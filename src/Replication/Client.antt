-- ===== src/Replication/Client.antt =====
-- replication/client.rs: what a client retains of each lineage, and how snapshots are committed.
pub mod Lineage
pub mod Sets
pub mod Apply
pub mod Survivors
pub mod Plan
pub mod Validity
pub mod Commit
pub mod Aggregate
pub mod Applying
pub mod Full
pub mod Delta
pub mod History
mod Witnesses
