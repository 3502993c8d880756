-- ===== src/Replication/Client/Apply.antt =====
-- replication/client.rs: the application of full and delta snapshots. `none` is a panic.
use runen_net.Prelude.{not, Option, none, some, if◌then◌else◌, ltb, leb, nat_eq, Result, ok, err}
use runen_net.Identity.{SimulationTick}
use runen_net.Collections.BTreeMap
use runen_net.Replication.Model.{
  ReplicationLineageKey, key_eq, ReplicationCursor, AccountedState, FullSnapshot, DeltaSnapshot,
}
use runen_net.Replication.Client.Lineage
use runen_net.Replication.Client.Lineage.{
  ClientRecoveryReason, ClientSnapshotOutcome, ClientLineage, RetainedState, CommitPlan,
  synchronized, is_synchronized, committed, tick_regression, delta_blocked_by_recovery,
  state_resource_failure, connection_replacement, delta_commit_failure, delta_tick_regression,
  new_lineage, classify_cursor, tick_regresses_current, plan_commit, commit_with_plan,
}
use runen_net.Replication.Client.Sets.{
  DeltaReconstructionError, malformed, reconstruction_failed, unknown_lineage, set_error,
  host_commit_failure, ClientReplicationSet, Reply, Reconstruct, lineage, put_lineage,
  aggregate_commit_fits, enter_recovery,
}

module _ {S E : Type 0} where
  abbrev pub stays :
      ClientReplicationSet S → ClientSnapshotOutcome → Option (ClientReplicationSet S × Reply E)
  stays set outcome = some (set, ok outcome)

  -- `self.enter_recovery(key, reason).map_err(ClientApplyError::Set)?; return Ok(outcome);`
  unfoldable pub recovers :
      ClientReplicationSet S
      → ReplicationLineageKey
      → ClientRecoveryReason
      → ClientSnapshotOutcome
      → Option (ClientReplicationSet S × Reply E)
  recovers set key reason outcome = elim (enter_recovery set key reason) [
    | err e ↦ some (set, err (set_error e))
    | ok set' ↦ some (set', ok outcome)
  ]

  -- The end of both applies: the plan, the two checks, the host's commit and the commit itself.
  -- `failed` is the set that a failed host commit leaves.
  unfoldable pub commit_image :
      ClientReplicationSet S
      → ReplicationLineageKey
      → ClientLineage S
      → ReplicationCursor
      → SimulationTick
      → AccountedState S
      → (S → Result (Unit {0}) E)
      → ClientReplicationSet S
      → Option (ClientReplicationSet S × Reply E)
  commit_image set key l target tick image host_commit failed =
      elim (plan_commit l image.accounted_bytes) [
        | none ↦ none
        | some answer ↦ elim answer [
          | none ↦ stays set state_resource_failure
          | some plan ↦
              if not (aggregate_commit_fits set l plan image.accounted_bytes)
              then stays set state_resource_failure
              else elim (host_commit image.state) [
                | err source ↦ some (failed, err (host_commit_failure source))
                | ok u ↦ elim (commit_with_plan l target tick image plan) [
                  | none ↦ none
                  | some l' ↦ some (put_lineage set key l', ok (committed target))
                ]
              ]
        ]
      ]

  unfoldable pub apply_full :
      ClientReplicationSet S
      → ReplicationLineageKey
      → FullSnapshot S
      → (S → Result (Unit {0}) E)
      → Option (ClientReplicationSet S × Reply E)
  apply_full set key snapshot host_commit = elim (lineage set key) [
    | none ↦ some (set, err (set_error unknown_lineage))
    | some l ↦ elim (classify_cursor l snapshot.target_cursor) [
      | some outcome ↦ stays set outcome
      | none ↦
          if tick_regresses_current l snapshot.target_tick
          then stays set tick_regression
          else commit_image set key l snapshot.target_cursor snapshot.target_tick snapshot.image
              host_commit set
    ]
  ]

  module _ {D : Type 0} where
    unfoldable pub apply_reconstructed :
        ClientReplicationSet S
        → ReplicationLineageKey
        → ClientLineage S
        → DeltaSnapshot D
        → (S → Result (Unit {0}) E)
        → Result (AccountedState S) DeltaReconstructionError
        → Option (ClientReplicationSet S × Reply E)
    apply_reconstructed set key l snapshot host_commit (err malformed) =
        recovers set key ClientRecoveryReason.malformed_delta ClientSnapshotOutcome.malformed_delta
    apply_reconstructed set key l snapshot host_commit (err reconstruction_failed) =
        recovers set key ClientRecoveryReason.reconstruction_failure
          ClientSnapshotOutcome.reconstruction_failure
    apply_reconstructed set key l snapshot host_commit (ok candidate) =
        commit_image set key l snapshot.target_cursor snapshot.target_tick candidate host_commit
          (put_lineage set key (Lineage.enter_recovery l delta_commit_failure))

    unfoldable pub apply_on_base :
        ClientReplicationSet S
        → ReplicationLineageKey
        → ClientLineage S
        → DeltaSnapshot D
        → Reconstruct S D
        → (S → Result (Unit {0}) E)
        → Option (RetainedState S)
        → Option (ClientReplicationSet S × Reply E)
    unfolding apply_reconstructed
    apply_on_base set key l snapshot reconstruct host_commit none =
        recovers set key ClientRecoveryReason.missing_base ClientSnapshotOutcome.missing_base
    apply_on_base set key l snapshot reconstruct host_commit (some base) =
        if ltb snapshot.target_tick base.tick
        then recovers set key delta_tick_regression tick_regression
        else apply_reconstructed set key l snapshot host_commit
            (reconstruct base.image.state snapshot.delta l.limits.max_candidate_bytes_per_lineage)

    unfoldable pub apply_delta :
        ClientReplicationSet S
        → ReplicationLineageKey
        → DeltaSnapshot D
        → Reconstruct S D
        → (S → Result (Unit {0}) E)
        → Option (ClientReplicationSet S × Reply E)
    unfolding apply_on_base
    apply_delta set key snapshot reconstruct host_commit = elim (lineage set key) [
      | none ↦ some (set, err (set_error unknown_lineage))
      | some l ↦ elim (classify_cursor l snapshot.target_cursor) [
        | some outcome ↦ stays set outcome
        | none ↦
            if not (is_synchronized l.state)
            then stays set delta_blocked_by_recovery
            else if leb snapshot.target_cursor snapshot.base_cursor
            then recovers set key ClientRecoveryReason.malformed_delta
                ClientSnapshotOutcome.malformed_delta
            else if tick_regresses_current l snapshot.target_tick
            then recovers set key delta_tick_regression tick_regression
            else apply_on_base set key l snapshot reconstruct host_commit
                (BTreeMap.get l.retained snapshot.base_cursor)
      ]
    ]
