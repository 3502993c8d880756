-- ===== src/Replication/Client/Survivors.antt =====
-- replication/client.rs: the eviction loop of `plan_commit`, and the images that it keeps.
use runen_net.Prelude.{
  ℕ, suc, List, checked_sub-eq_some, checked_sub, ◌-◌, ◌≤◌, ◌<◌, ◌≡◌, refl, ap, ◌∙◌, ◌&&◌, some, [],
  ◌∷◌, ◌++◌, if◌then◌else◌, ltb, leb, nat_eq, length, arith, Bool-cases, inl, inr, All,
  length-append,
}
use mathlib.Core.List.{tail}
use runen_net.Collections.BTreeMap.{BTreeMap, total}
use runen_net.Collections.BTreeMap
use runen_net.Replication.Client.Lineage.{RetainedState, bytes_of, has_room, plan_loop, evict_all}

pub room_after :
    (max_count max_bytes target count bytes : ℕ)
    → target ≤ max_bytes
    → has_room max_count max_bytes target count bytes
      ≡ some (ltb count max_count && leb bytes (max_bytes - target))
unfolding has_room
room_after max_count max_bytes target count bytes h = ground arith

module _ {S : Type 0} where
  -- The suffix of the images that the loop keeps.
  pub survivors :
      (max_count room : ℕ) → BTreeMap (RetainedState S) → ℕ → ℕ → BTreeMap (RetainedState S)
  survivors max_count room [] count bytes = []
  survivors max_count room ((cursor, r) ∷ rest) count bytes =
      let later = survivors max_count room rest (count - 1) (bytes - bytes_of r) in
      if ltb count max_count && leb bytes room then (cursor, r) ∷ rest else later

  evict_first :
      (cursor : ℕ) (r : RetainedState S) (rest : BTreeMap (RetainedState S)) (bytes : ℕ)
      (evict : List ℕ)
      → bytes_of r ≤ bytes
      → evict_all ((cursor, r) ∷ rest) bytes (cursor ∷ evict)
        ≡ evict_all rest (bytes - bytes_of r) evict
  unfolding evict_all BTreeMap.get BTreeMap.remove
  evict_first cursor r rest bytes evict h = ground arith

  -- Told the right numbers, the loop does not panic, and what it counted is what the survivors
  -- measure; carrying the plan out does not panic either.
  pub plan_loop-survivors :
      (max_count max_bytes target : ℕ) (m : BTreeMap (RetainedState S)) (count bytes : ℕ)
      → target ≤ max_bytes
      → count ≡ length m
      → bytes ≡ total bytes_of m
      → let kept = survivors max_count (max_bytes - target) m count bytes in
        (evict : List ℕ) × (plan_loop max_count max_bytes target m count bytes
          ≡ some (length kept, total bytes_of kept, evict))
        × (evict_all m bytes evict ≡ some (kept, total bytes_of kept))
  unfolding plan_loop survivors evict_all BTreeMap.get BTreeMap.remove
  plan_loop-survivors max_count max_bytes target [] count bytes h hc hb =
      ([], rw (hc, hb) refl, rw hb refl)
  plan_loop-survivors max_count max_bytes target ((cursor, r) ∷ rest) count bytes h hc hb =
      let (evict, q, c) =
        plan_loop-survivors max_count max_bytes target rest (count - 1) (bytes - bytes_of r) h
          (omega arith) (omega arith) in
      elim (Bool-cases (ltb count max_count && leb bytes (max_bytes - target))) [
        | inl e ↦
            let room = room_after max_count max_bytes target count bytes h ∙ ap some e in
            rw e ([], rw (room, plan_loop, hc, hb) refl, rw (hb, evict_all) refl)
        | inr e ↦
            let room = room_after max_count max_bytes target count bytes h ∙ ap some e in
            let some_left : checked_sub count 1 ≡ some (count - 1) =
              checked_sub-eq_some count 1 (omega arith) in
            let bytes_left : checked_sub bytes (bytes_of r) ≡ some (bytes - bytes_of r) =
              checked_sub-eq_some bytes (bytes_of r) (omega arith) in
            rw (e, survivors)
              (
                cursor ∷ evict,
                rw (room, plan_loop, some_left, bytes_left, q) refl,
                evict_first cursor r rest bytes evict (omega arith) ∙ c,
              )
      ]

  -- The loop stops as soon as there is room, and with positive `max_count` always finds room.
  pub survivors_fit :
      (max_count room : ℕ) (m : BTreeMap (RetainedState S)) (count bytes : ℕ)
      → 0 < max_count
      → count ≡ length m
      → bytes ≡ total bytes_of m
      → let kept = survivors max_count room m count bytes in
        (length kept < max_count) × (total bytes_of kept ≤ room)
  unfolding survivors
  survivors_fit max_count room [] count bytes pos hc hb = (omega arith, omega arith)
  survivors_fit max_count room ((cursor, r) ∷ rest) count bytes pos hc hb =
      let ih =
        survivors_fit max_count room rest (count - 1) (bytes - bytes_of r) pos (omega arith)
          (omega arith) in
      elim (Bool-cases (ltb count max_count && leb bytes room)) [
        | inl e ↦ rw e (ground arith, ground arith)
        | inr e ↦ rw e ih
      ]

  -- Only the oldest images go, and no more than needed: what is kept is a suffix, and with one more
  -- image it would not fit.
  pub survivors-suffix :
      (max_count room : ℕ) (m : BTreeMap (RetainedState S)) (count bytes : ℕ)
      → count ≡ length m
      → bytes ≡ total bytes_of m
      → (gone : BTreeMap (RetainedState S)) × (m ≡ gone ++ survivors max_count room m count bytes)
  unfolding survivors
  survivors-suffix max_count room [] count bytes hc hb = ([], refl)
  survivors-suffix max_count room ((cursor, r) ∷ rest) count bytes hc hb =
      let (gone, q) =
        survivors-suffix max_count room rest (count - 1) (bytes - bytes_of r) (omega arith)
          (omega arith) in
      elim (Bool-cases (ltb count max_count && leb bytes room)) [
        | inl e ↦ ([], rw e)
        | inr e ↦ ((cursor, r) ∷ gone, rw e (ap (◌∷◌ (cursor, r)) q))
      ]

  pub survivors-All :
      (P : ℕ × RetainedState S → Type 0) (max_count room : ℕ) (m : BTreeMap (RetainedState S))
      (count bytes : ℕ)
      → All P m
      → All P (survivors max_count room m count bytes)
  unfolding survivors
  survivors-All P max_count room [] count bytes a = a
  survivors-All P max_count room ((cursor, r) ∷ rest) count bytes a =
      ground (arith, survivors-All P max_count room rest (count - 1) (bytes - bytes_of r) a.1)

  pub survivors-IsSortedFrom :
      (b max_count room : ℕ) (m : BTreeMap (RetainedState S)) (count bytes : ℕ)
      → BTreeMap.IsSortedFrom b m
      → BTreeMap.IsSortedFrom b (survivors max_count room m count bytes)
  unfolding survivors
  survivors-IsSortedFrom b max_count room [] count bytes s = s
  survivors-IsSortedFrom b max_count room ((cursor, r) ∷ rest) count bytes s = ground (
    arith,
    BTreeMap.IsSortedFrom-mono (suc cursor) b
        (survivors max_count room rest (count - 1) (bytes - bytes_of r)),
    survivors-IsSortedFrom (suc cursor) max_count room rest (count - 1) (bytes - bytes_of r) s.1,
  )

  -- No larger suffix leaves room.
  pub survivors_longest :
      (max_count room : ℕ) (m : BTreeMap (RetainedState S)) (count bytes : ℕ)
      → count ≡ length m
      → bytes ≡ total bytes_of m
      → (front back : BTreeMap (RetainedState S)) → m ≡ front ++ back
      → length back < max_count
      → total bytes_of back ≤ room
      → length back ≤ length (survivors max_count room m count bytes)
  unfolding survivors
  survivors_longest max_count room [] count bytes hc hb front back q fits small =
      omega (arith, ap length q, length-append front back)
  survivors_longest max_count room ((cursor, r) ∷ rest) count bytes hc hb [] back q fits small =
      elim (Bool-cases (ltb count max_count && leb bytes room)) [
        | inl e ↦ rw e (omega (arith, ap length q))
        | inr e ↦ absurd (ground (arith, ap length q, ap (total bytes_of) q))
      ]
  survivors_longest max_count room ((cursor, r) ∷ rest) count bytes hc hb (x ∷ front) back q fits
        small =
      let ih =
        survivors_longest max_count room rest (count - 1) (bytes - bytes_of r) (omega arith)
          (omega arith) front back (ap tail q) fits small in
      elim (Bool-cases (ltb count max_count && leb bytes room)) [
        | inl e ↦ rw e (omega (arith, ap length q, length-append front back))
        | inr e ↦ rw e ih
      ]
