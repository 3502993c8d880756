-- ===== src/Replication/Client/Plan.antt =====
-- replication/client.rs: `plan_commit`, and what it promises of the plan.
use runen_net.Prelude.{
  ℕ, List, checked_add-eq_some, ◌+◌, ◌-◌, ◌≤◌, ◌<◌, ◌≡◌, refl, ap, ◌∙◌, true, false, none, some,
  ◌++◌, nat_eq, length, arith,
}
use runen_net.Collections.BTreeMap.{BTreeMap, total}
use runen_net.Replication.Model.{IsTypedLimits}
use runen_net.Replication.Client.Lineage.{
  ClientLineage, RetainedState, CommitPlan, bytes_of, state_image_fits, has_room, planned,
  plan_loop, plan_commit, evict_all,
}
use runen_net.Replication.Client.Survivors.{
  room_after, survivors, plan_loop-survivors, survivors_fit, survivors-suffix, survivors_longest,
}

module _ {S : Type 0} where
  -- A plan: the images that it evicts are the oldest, in order; what is kept with the new image
  -- respects both limits; and no larger part of the newest images would have left room for it.
  pub record IsPlan (l : ClientLineage S) (bytes : ℕ) (plan : CommitPlan)
      (gone kept : BTreeMap (RetainedState S)) : Type 0 where
    pub split : l.retained ≡ gone ++ kept
    pub carried_out :
        evict_all l.retained l.retained_bytes plan.evict ≡ some (kept, total bytes_of kept)
    pub counted : plan.resulting_count ≡ length kept + 1
    pub measured : plan.resulting_bytes ≡ total bytes_of kept + bytes
    pub within_count : plan.resulting_count ≤ l.limits.max_retained_images_per_lineage
    pub within_bytes : plan.resulting_bytes ≤ l.limits.max_retained_state_bytes_per_lineage
    pub longest :
        (front back : BTreeMap (RetainedState S))
        → l.retained ≡ front ++ back
        → length back + 1 ≤ l.limits.max_retained_images_per_lineage
        → total bytes_of back + bytes ≤ l.limits.max_retained_state_bytes_per_lineage
        → length back ≤ length kept

  -- An image over one of the three byte limits has no plan.
  pub plan_commit-none :
      (l : ClientLineage S) (bytes : ℕ)
      → state_image_fits l bytes ≡ false
      → plan_commit l bytes ≡ some none
  unfolding plan_commit
  plan_commit-none l bytes e = rw (plan_commit, e) refl

  plan_commit-planned :
      (l : ClientLineage S) (bytes count left : ℕ) (evict : List ℕ)
      → state_image_fits l bytes ≡ true
      → plan_loop l.limits.max_retained_images_per_lineage
          l.limits.max_retained_state_bytes_per_lineage bytes l.retained
          (length l.retained)
          l.retained_bytes
        ≡ some (count, left, evict)
      → IsTypedLimits l.limits
      → count < l.limits.max_retained_images_per_lineage
      → left + bytes ≤ l.limits.max_retained_state_bytes_per_lineage
      → plan_commit l bytes
        ≡ some (
            some (record {
              evict = evict;
              resulting_count = count + 1;
              resulting_bytes = left + bytes;
            }))
  unfolding plan_commit planned
  plan_commit-planned l bytes count left evict e q (positive, small_count, small_bytes) short
        small =
      let max_count = l.limits.max_retained_images_per_lineage in
      let max_bytes = l.limits.max_retained_state_bytes_per_lineage in
      let room : has_room max_count max_bytes bytes count left ≡ some true =
        room_after max_count max_bytes bytes count left (omega arith) ∙ ap some (ground arith) in
      rw
        (
          plan_commit,
          e,
          q,
          room,
          planned,
          checked_add-eq_some count 1 (omega arith),
          checked_add-eq_some left bytes (omega arith),
        )
        refl

  -- On a lineage that counts its bytes right, may retain an image and has limits of their types, a
  -- plan is found without a panic for every image that fits the three byte limits, whatever is
  -- retained. It evicts a front of the retained images, counts what is left right, meets both limits,
  -- and evicts no more than it must.
  pub plan_commit-IsPlan :
      (l : ClientLineage S) (bytes : ℕ)
      → l.retained_bytes ≡ total bytes_of l.retained
      → IsTypedLimits l.limits
      → state_image_fits l bytes ≡ true
      → (plan : CommitPlan) × (plan_commit l bytes ≡ some (some plan))
        × ((gone : BTreeMap (RetainedState S)) × IsPlan l bytes plan gone (
              survivors l.limits.max_retained_images_per_lineage
                (l.limits.max_retained_state_bytes_per_lineage - bytes)
                l.retained
                (length l.retained)
                l.retained_bytes))
  plan_commit-IsPlan l bytes h typed e =
      let max_count = l.limits.max_retained_images_per_lineage in
      let max_bytes = l.limits.max_retained_state_bytes_per_lineage in
      let room = max_bytes - bytes in
      let kept = survivors max_count room l.retained (length l.retained) l.retained_bytes in
      let fits : bytes ≤ max_bytes = ground arith in
      let (evict, loop, carried) =
        plan_loop-survivors max_count max_bytes bytes l.retained (length l.retained)
          l.retained_bytes fits refl h in
      let (short, small) =
        survivors_fit max_count room l.retained (length l.retained) l.retained_bytes typed.0 refl
          h in
      let (gone, q) =
        survivors-suffix max_count room l.retained (length l.retained) l.retained_bytes refl h in
      (
        record {
          evict = evict;
          resulting_count = length kept + 1;
          resulting_bytes = total bytes_of kept + bytes;
        },
        plan_commit-planned l bytes (length kept) (total bytes_of kept) evict e loop typed short
            (omega (arith, small, fits)),
        (
          gone,
          record {
            split = q;
            carried_out = carried;
            counted = refl;
            measured = refl;
            within_count = omega (arith, short);
            within_bytes = omega (arith, small, fits);
            longest = λ front back s n t.
                survivors_longest max_count room l.retained (length l.retained) l.retained_bytes
                  refl h front back s (omega arith) (omega arith);
          },
        ),
      )
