-- ===== src/Replication/Client/Commit.antt =====
-- replication/client.rs: `commit_with_plan` on a planned commit.
use mathlib.Core.Path.{subst}
use runen_net.Prelude.{
  ℕ, checked_add-eq_some, suc, ◌+◌, ◌-◌, ◌≤◌, ◌<◌, ◌≡◌, refl, sym, Option, none, some, [], ◌∷◌,
  nat_eq, length, arith, Bool-cases, inl, inr, All,
}
use runen_net.Collections.BTreeMap.{BTreeMap, total}
use runen_net.Collections.BTreeMap
use runen_net.Replication.Model.{key_eq, AccountedState}
use runen_net.Replication.Client.Lineage.{
  ClientLineage, RetainedState, CommitPlan, ClientRecoveryReason, synchronized, bytes_of,
  state_image_fits, plan_commit, commit_with_plan, classify_cursor, current_retained,
}
use runen_net.Replication.Client.Plan.{IsPlan, plan_commit-IsPlan, plan_commit-none}
use runen_net.Replication.Client.Survivors.{survivors, survivors-All, survivors-IsSortedFrom}
use runen_net.Replication.Client.Validity.{IsNewest, IsBoundary, IsValid}

-- The cursor is newer than the current one.
abbrev pub IsNewer : Option ℕ → ℕ → Type 0
IsNewer none cursor = Unit
IsNewer (some current) cursor = current < cursor

newer-IsBoundary :
    (current : Option ℕ) (boundary : Option (ℕ × ClientRecoveryReason)) (cursor : ℕ)
    → IsBoundary current boundary
    → IsNewer current cursor
    → IsBoundary (some cursor) boundary
newer-IsBoundary current none cursor h n = tt
newer-IsBoundary none (some b) cursor h n = absurd h
newer-IsBoundary (some c) (some b) cursor h n = omega arith

module _ {S : Type 0} where
  pub classify_cursor-IsNewer :
      (l : ClientLineage S) (cursor : ℕ)
      → classify_cursor l cursor ≡ none
      → IsNewer l.current cursor
  unfolding classify_cursor
  classify_cursor-IsNewer l cursor h = go l.current refl
    where
      go : (o : Option ℕ) → l.current ≡ o → IsNewer o cursor
      go none e = tt
      go (some c) e = ground arith

  abbrev pub held : ℕ → AccountedState S → RetainedState S
  held tick image = record { tick = tick; image = image }

  abbrev pub after_commit :
      ClientLineage S → ℕ → ℕ → AccountedState S → BTreeMap (RetainedState S) → ClientLineage S
  after_commit l cursor tick image kept = record l {
    retained_bytes = total bytes_of kept + image.accounted_bytes;
    retained = BTreeMap.insert kept cursor (held tick image);
    current = some cursor;
    state = synchronized;
  }

  below_newer :
      (current : Option ℕ) (m : BTreeMap (RetainedState S)) (cursor : ℕ)
      → IsNewest current m
      → IsNewer current cursor
      → All (λ e. suc e.0 ≤ cursor) m
  below_newer none m cursor h n = subst (All (λ e. suc e.0 ≤ cursor)) (sym h) tt
  below_newer (some c) m cursor h n = raise m h.1
    where
      raise :
          (m : BTreeMap (RetainedState S)) → All (λ e. e.0 ≤ c) m → All (λ e. suc e.0 ≤ cursor) m
      raise [] a = tt
      raise (x ∷ m) a = (omega arith, raise m a.1)

  absent :
      (m : BTreeMap (RetainedState S)) (cursor : ℕ)
      → All (λ e. suc e.0 ≤ cursor) m
      → BTreeMap.get m cursor ≡ none
  unfolding BTreeMap.get
  absent [] cursor a = refl
  absent ((i, r) ∷ m) cursor a = ground (arith, absent m cursor a.1)

  weaken :
      (m : BTreeMap (RetainedState S)) (cursor : ℕ)
      → All (λ e. suc e.0 ≤ cursor) m
      → All (λ e. e.0 ≤ cursor) m
  weaken [] cursor a = tt
  weaken (x ∷ m) cursor a = (omega arith, weaken m cursor a.1)

  kept_of : ClientLineage S → ℕ → BTreeMap (RetainedState S)
  kept_of l bytes =
      survivors l.limits.max_retained_images_per_lineage
        (l.limits.max_retained_state_bytes_per_lineage - bytes) l.retained (length l.retained)
        l.retained_bytes

  -- The search for a plan does not panic on a valid lineage.
  pub plan_commit-some :
      (l : ClientLineage S) (bytes : ℕ)
      → IsValid l
      → (o : Option CommitPlan) × (plan_commit l bytes ≡ some o)
  plan_commit-some l bytes v = elim (Bool-cases (state_image_fits l bytes)) [
    | inl e ↦ let (plan, q, p) = plan_commit-IsPlan l bytes v.counted v.typed e in (some plan, q)
    | inr e ↦ (none, plan_commit-none l bytes e)
  ]

  -- On a valid lineage and for a newer cursor, a plan is carried out without a panic; the lineage
  -- stays valid, counts as the plan says, and its current image is the one committed.
  pub commit_with_plan-IsValid :
      (l : ClientLineage S) (cursor tick : ℕ) (image : AccountedState S) (plan : CommitPlan)
      → IsValid l
      → IsNewer l.current cursor
      → plan_commit l image.accounted_bytes ≡ some (some plan)
      → (l' : ClientLineage S) × (commit_with_plan l cursor tick image plan ≡ some l')
        × IsValid l'
        × (length l'.retained ≡ plan.resulting_count)
        × (l'.retained_bytes ≡ plan.resulting_bytes)
        × (current_retained l' ≡ some (held tick image))
        × (l'.current ≡ some cursor)
        × (l'.state ≡ synchronized)
        × (l'.latest_recovery_boundary ≡ l.latest_recovery_boundary)
  unfolding kept_of commit_with_plan current_retained
  commit_with_plan-IsValid l cursor tick image plan v newer planned =
      elim (Bool-cases (state_image_fits l bytes)) [
        | inl e ↦
            let (plan', q, (gone, p)) = plan_commit-IsPlan l bytes v.counted v.typed e in
            carried
              (subst (λ (x : CommitPlan). IsPlan l bytes x gone (kept_of l bytes)) (cc (q, planned))
                p)
              (ground arith)
        | inr e ↦ absurd (cc (planned, plan_commit-none l bytes e))
      ]
    where
      bytes : ℕ
      bytes = image.accounted_bytes

      kept : BTreeMap (RetainedState S)
      kept = kept_of l bytes

      kept_below : All (λ e. suc e.0 ≤ cursor) kept
      kept_below =
          survivors-All (λ e. suc e.0 ≤ cursor) _ _ l.retained (length l.retained) l.retained_bytes
            (below_newer l.current l.retained cursor v.newest newer)

      gap : BTreeMap.get kept cursor ≡ none
      gap = absent kept cursor kept_below

      result : ClientLineage S
      result = after_commit l cursor tick image kept

      carried :
          {gone : BTreeMap (RetainedState S)}
          → IsPlan l bytes plan gone kept
          → bytes ≤ l.limits.max_state_image_bytes
          → (l' : ClientLineage S) × (commit_with_plan l cursor tick image plan ≡ some l')
            × IsValid l'
            × (length l'.retained ≡ plan.resulting_count)
            × (l'.retained_bytes ≡ plan.resulting_bytes)
            × (current_retained l' ≡ some (held tick image))
            × (l'.current ≡ some cursor)
            × (l'.state ≡ synchronized)
            × (l'.latest_recovery_boundary ≡ l.latest_recovery_boundary)
      carried p small = (
        result,
        rw
            (
              p.carried_out,
              checked_add-eq_some (total bytes_of kept) bytes
                  (omega (arith, p.measured, p.within_bytes, v.typed.2)),
              commit_with_plan,
            )
            refl,
        record {
          sorted = BTreeMap.insert-IsSortedFrom 0 kept cursor (held tick image) (omega arith) (
              survivors-IsSortedFrom 0 _ _ l.retained (length l.retained) l.retained_bytes
                v.sorted);
          counted =
              omega
                (arith, BTreeMap.total-insert_absent bytes_of kept cursor (held tick image) gap);
          within_count = omega (
            arith,
            BTreeMap.length-insert_absent kept cursor (held tick image) gap,
            p.counted,
            p.within_count,
          );
          within_bytes = omega (arith, p.measured, p.within_bytes);
          typed = v.typed;
          images_fit =
              BTreeMap.All-insert (λ e. bytes_of e.1 ≤ l.limits.max_state_image_bytes) kept cursor
                (held tick image) small
                (survivors-All (λ e. bytes_of e.1 ≤ l.limits.max_state_image_bytes) _ _ l.retained
                  (length l.retained) l.retained_bytes v.images_fit);
          newest = (
            ground (arith, BTreeMap.get-insert kept cursor cursor (held tick image)),
            BTreeMap.All-insert (λ e. e.0 ≤ cursor) kept cursor (held tick image) (omega arith)
                (weaken kept cursor kept_below),
          );
          synced = λ e. refl;
          boundary = newer-IsBoundary l.current l.latest_recovery_boundary cursor v.boundary newer;
        },
        omega (arith, BTreeMap.length-insert_absent kept cursor (held tick image) gap, p.counted),
        omega (arith, p.measured),
        ground (arith, BTreeMap.get-insert kept cursor cursor (held tick image)),
        refl,
        refl,
        refl,
      )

Instructions for the task: For each line above that contains the word "oldest", copy that line.

Output:
  -- Only the oldest images go, and no more than needed: what is kept is a suffix, and with one more
  -- A plan: the images that it evicts are the oldest, in order; what is kept with the new image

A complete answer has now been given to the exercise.